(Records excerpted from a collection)
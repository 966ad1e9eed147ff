-- ===== src/Auth/Middleware.antt =====
-- AuthenticationMiddleware of middlewares/AuthenticationMiddleware.cpp over JwtService::decode and
-- UsersService::exists. The header lookups `find` and `at` agree, so the model reads the header once.
use adequate_api_cpp.Base.{
  ◌≡◌, Bool, true, false, if◌then◌else◌, [], ◌∷◌, Option, none, some, Str, str, starts_with, Result,
  ok, throw, Exception, validation_error, jwt_exception, M,
}
use adequate_api_cpp.Base.Decimal.{ℤ}
use adequate_api_cpp.Http.Libraries.{JsonLib, HttpLib}
use adequate_api_cpp.Http.Request.{Request}
use adequate_api_cpp.Http.Renderer.{Outcome, json, json_result, error_body}
use adequate_api_cpp.Router.{Handler, Middleware}
use adequate_api_cpp.Auth.Jwt.{map_jwt_error}

-- auth.substr(7)
abbrev pub drop7 : Str → Str
drop7 (a ∷ b ∷ c ∷ d ∷ e ∷ f ∷ g ∷ s) = s
drop7 _ = []

abbrev pub bearer : Str
bearer = str "Bearer "

-- What the two calls of the middleware end with, as far as it goes on with it.
pub data Checked : Type 0 where
  admitted : ℤ → Checked
  unauthorized : Str → Checked

-- catch (const JwtException&) and catch (const ValidationError&), with the message they make.
abbrev pub jwt_message : Exception → Option Str
jwt_message (jwt_exception code msg) = some (map_jwt_error code)
jwt_message _ = none

abbrev pub validation_message : Exception → Option Str
validation_message (validation_error msg) = some msg
validation_message _ = none

abbrev recover : {W : Type 0} → Option Str → Exception → W → Result Checked × W
recover none e w = (throw e, w)
recover (some message) e w = (ok (unauthorized message), w)

module _ {W : Type 0} where
  abbrev pub of_exists : ℤ → Result Bool × W → Result Checked × W
  of_exists id (ok true, w) = (ok (admitted id), w)
  of_exists id (ok false, w) = (ok (unauthorized (str "Your token is shit")), w)
  of_exists id (throw e, w) = recover (validation_message e) e w

  abbrev pub of_decode : (ℤ → M W Bool) → Result ℤ × W → Result Checked × W
  of_decode exists (ok id, w) = of_exists id (exists id w)
  of_decode exists (throw e, w) = recover (jwt_message e) e w

module _ {W : Type 0} (decode : Str → M W ℤ) (exists : ℤ → M W Bool) where
  -- The checks of `handle` on the value of the header "Authorization".
  unfoldable pub check : Option Str → M W Checked
  check none w = (ok (unauthorized (str "Missing Authorization header")), w)
  check (some auth) w =
      if starts_with bearer auth
      then of_decode exists (decode (drop7 auth) w)
      else (ok (unauthorized (str "Invalid Authorization format")), w)

  -- A header of the form "Bearer <token>" whose token decodes to the id of a user that exists.
  pub record Authenticated (header : Option Str) (w : W) (id : ℤ) (w' : W) : Type 0 where
    pub auth : Str
    pub decoded : W
    pub has_header : header ≡ some auth
    pub is_bearer : starts_with bearer auth ≡ true
    pub decodes : decode (drop7 auth) w ≡ (ok id, decoded)
    pub user_exists : exists id decoded ≡ (ok true, w')

module _ (J : JsonLib) (H : HttpLib) where
  abbrev pub unauthorized_outcome : Str → Outcome J H
  unauthorized_outcome message = json (json_result J (error_body J message) 401 true)

module _ {J : JsonLib} {H : HttpLib} {W : Type 0} (decode : Str → M W ℤ)
    (exists : ℤ → M W Bool) where
  abbrev pub finish :
      Request → Handler J H W → Result Checked × W → Result (Outcome J H) × (Request × W)
  finish q next (ok (admitted id), w) = next (record q { user_id = some id }, w)
  finish q next (ok (unauthorized message), w) = (ok (unauthorized_outcome J H message), (q, w))
  finish q next (throw e, w) = (throw e, (q, w))

  unfoldable pub handle : Handler J H W → Handler J H W
  handle next (q, w) = finish q next (check decode exists q.authorization_header w)

  -- The `after` of MiddlewareInterface.
  unfoldable pub authentication : Middleware J H W
  unfolding handle
  authentication = record { handle = handle; after = λ q res w. (ok res, w) }
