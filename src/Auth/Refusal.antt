-- ===== src/Auth/Refusal.antt =====
-- What a request whose credentials are refused can end with, and the parts of `dispatch` that leave its
-- header alone.
use adequate_api_cpp.Base.{
  ◌∙◌, some, starts_with, ◌++◌, jwt_exception, validation_error, JwtError, ℕ, ◌≡◌, refl, sym, ap,
  inl, inr, Bool, true, false, Option, none, Str, str, Result, ok, throw, Exception, M, Bool-cases,
  Result-cases, contains_str,
}
use adequate_api_cpp.Base.Decimal.{ℤ}
use adequate_api_cpp.Http.Libraries.{JsonLib, HttpLib}
use adequate_api_cpp.Http.Request.{
  Request, Verb, options, verb_eq, is_std, content_type, ensure_json_valid, parse_multipart, Parser,
  create_adapter,
}
use adequate_api_cpp.Router.{Env, RouteEntry}
use adequate_api_cpp.Router.Dispatch.{check_body, auto_options}
use adequate_api_cpp.Auth.Jwt.{map_jwt_error}
use adequate_api_cpp.Auth.Middleware.{unauthorized, check, of_decode}

abbrev header : Result Request → Option Str
header (ok r) = r.authorization_header
header (throw e) = none

parse_multipart-header :
    (poco : Parser) (adapter : Str) (q q' : Request)
    → parse_multipart poco adapter q ≡ ok q'
    → q'.authorization_header ≡ q.authorization_header
unfolding parse_multipart
parse_multipart-header poco adapter q q' h = elim (Result-cases (create_adapter poco adapter)) [
  | inr (e, t) ↦ cc (rw t at h)
  | inl (p, t) ↦ elim (Result-cases (p (content_type q) q.body)) [
    | inr (e, u) ↦ cc (rw (t, u) at h)
    | inl (parts, u) ↦ ap header (sym (rw (t, u) at h))
  ]
]

pub check_body-header :
    (J : JsonLib) (H : HttpLib) (env : Env) (q q' : Request)
    → check_body J H env q ≡ ok q'
    → q'.authorization_header ≡ q.authorization_header
unfolding check_body
check_body-header J H env q q' h =
    elim (Bool-cases (contains_str (str "application/json") (content_type q))) [
      | inl a ↦ elim (Result-cases (ensure_json_valid J q)) [
        | inl (_, t) ↦ ap header (sym (rw (a, t) at h))
        | inr (e, t) ↦ cc (rw (a, t) at h)
      ]
      | inr a ↦ elim (Bool-cases (contains_str (str "multipart/form-data") (content_type q))) [
        | inl b ↦ parse_multipart-header env.poco env.multipart_adapter q q' (rw (a, b) at h)
        | inr b ↦ ap header (sym (rw (a, b) at h))
      ]
    ]

pub auto_options-false :
    {J : JsonLib} {H : HttpLib} {W Meta : Type 0} (entry : RouteEntry J H W Meta) (method : Verb)
    → verb_eq method options ≡ false
    → auto_options entry method ≡ false
unfolding auto_options
auto_options-false entry method o = rw o refl

-- The statuses of requests that are answered before the middlewares' `handle`.
pub data Rejection : ℕ → Type 0 where
  bad_request : Rejection 400
  not_found : Rejection 404
  method_not_allowed : Rejection 405
  payload_too_large : Rejection 413
  unsupported_media_type : Rejection 415

module _ (H : HttpLib) {W : Type 0} where
  -- What becomes of a request with the method `method` in the world w, where its credentials are
  -- refused and leave the world w'.
  pub data TurnedAway (method : Verb) (w w' : W) : Result H.Response × (Request × W) → Type 0 where
    refused :
        (res : H.Response) (q : Request)
        → H.status res ≡ 401
        → TurnedAway method w w' (ok res, (q, w'))
    rejected :
        {st : ℕ} (res : H.Response) (q : Request)
        → Rejection st
        → H.status res ≡ st
        → TurnedAway method w w' (ok res, (q, w))
    listed :
        (res : H.Response) (q : Request)
        → verb_eq method options ≡ true
        → H.status res ≡ 200
        → TurnedAway method w w' (ok res, (q, w))
    failed :
        (e : Exception) (q : Request) → is_std e ≡ false → TurnedAway method w w' (throw e, (q, w))

module _ {W : Type 0} (decode : Str → M W ℤ) (exists : ℤ → M W Bool) where
  -- The middleware answers the request in the world w with a message, which leaves w'.
  abbrev pub IsUnauthorized : Str → W → W → Request → Type 0
  IsUnauthorized message w w' q =
      check decode exists q.authorization_header w ≡ (ok (unauthorized message), w')

  -- A header that admits nobody in the world w; finding out leaves the last world.
  pub data IsRefused (w : W) : Option Str → W → Type 0 where
    missing : IsRefused w none w
    wrong_scheme :
        (auth : Str) → starts_with (str "Bearer ") auth ≡ false → IsRefused w (some auth) w
    undecodable :
        (token : Str) (code : JwtError) (msg : Str) (w' : W)
        → decode token w ≡ (throw (jwt_exception code msg), w')
        → IsRefused w (some (str "Bearer " ++ token)) w'
    unknown_user :
        (token : Str) (id : ℤ) (w1 w' : W)
        → decode token w ≡ (ok id, w1)
        → exists id w1 ≡ (ok false, w')
        → IsRefused w (some (str "Bearer " ++ token)) w'
    invalid_user :
        (token : Str) (id : ℤ) (msg : Str) (w1 w' : W)
        → decode token w ≡ (ok id, w1)
        → exists id w1 ≡ (throw (validation_error msg), w')
        → IsRefused w (some (str "Bearer " ++ token)) w'

  check-bearer :
      (token : Str) (w : W)
      → check decode exists (some (str "Bearer " ++ token)) w ≡ of_decode exists (decode token w)
  unfolding check starts_with str
  check-bearer token w = refl

  pub IsRefused-IsUnauthorized :
      (w : W) (header : Option Str) (w' : W)
      → IsRefused w header w'
      → (message : Str) × (check decode exists header w ≡ (ok (unauthorized message), w'))
  unfolding check
  IsRefused-IsUnauthorized w _ _ missing = (_, refl)
  IsRefused-IsUnauthorized w _ _ (wrong_scheme auth s) =
      (str "Invalid Authorization format", rw s refl)
  IsRefused-IsUnauthorized w _ _ (undecodable token code msg w' d) =
      (map_jwt_error code, check-bearer token w ∙ rw d refl)
  IsRefused-IsUnauthorized w _ _ (unknown_user token id w1 w' d x) =
      (str "Your token is shit", check-bearer token w ∙ rw (d, x) refl)
  IsRefused-IsUnauthorized w _ _ (invalid_user token id msg w1 w' d x) =
      (msg, check-bearer token w ∙ rw (d, x) refl)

* **TASK OBJECTIVE**:
Where the records above contain a line with "IsRefused-IsUnauthorized w _ _ (wrong_scheme", repeat that line and each later line through the end, exactly, and nothing more.

* **THE ANSWER**:
  IsRefused-IsUnauthorized w _ _ (wrong_scheme auth s) =
      (str "Invalid Authorization format", rw s refl)
  IsRefused-IsUnauthorized w _ _ (undecodable token code msg w' d) =
      (map_jwt_error code, check-bearer token w ∙ rw d refl)
  IsRefused-IsUnauthorized w _ _ (unknown_user token id w1 w' d x) =
      (str "Your token is shit", check-bearer token w ∙ rw (d, x) refl)
  IsRefused-IsUnauthorized w _ _ (invalid_user token id msg w1 w' d x) =
      (msg, check-bearer token w ∙ rw (d, x) refl)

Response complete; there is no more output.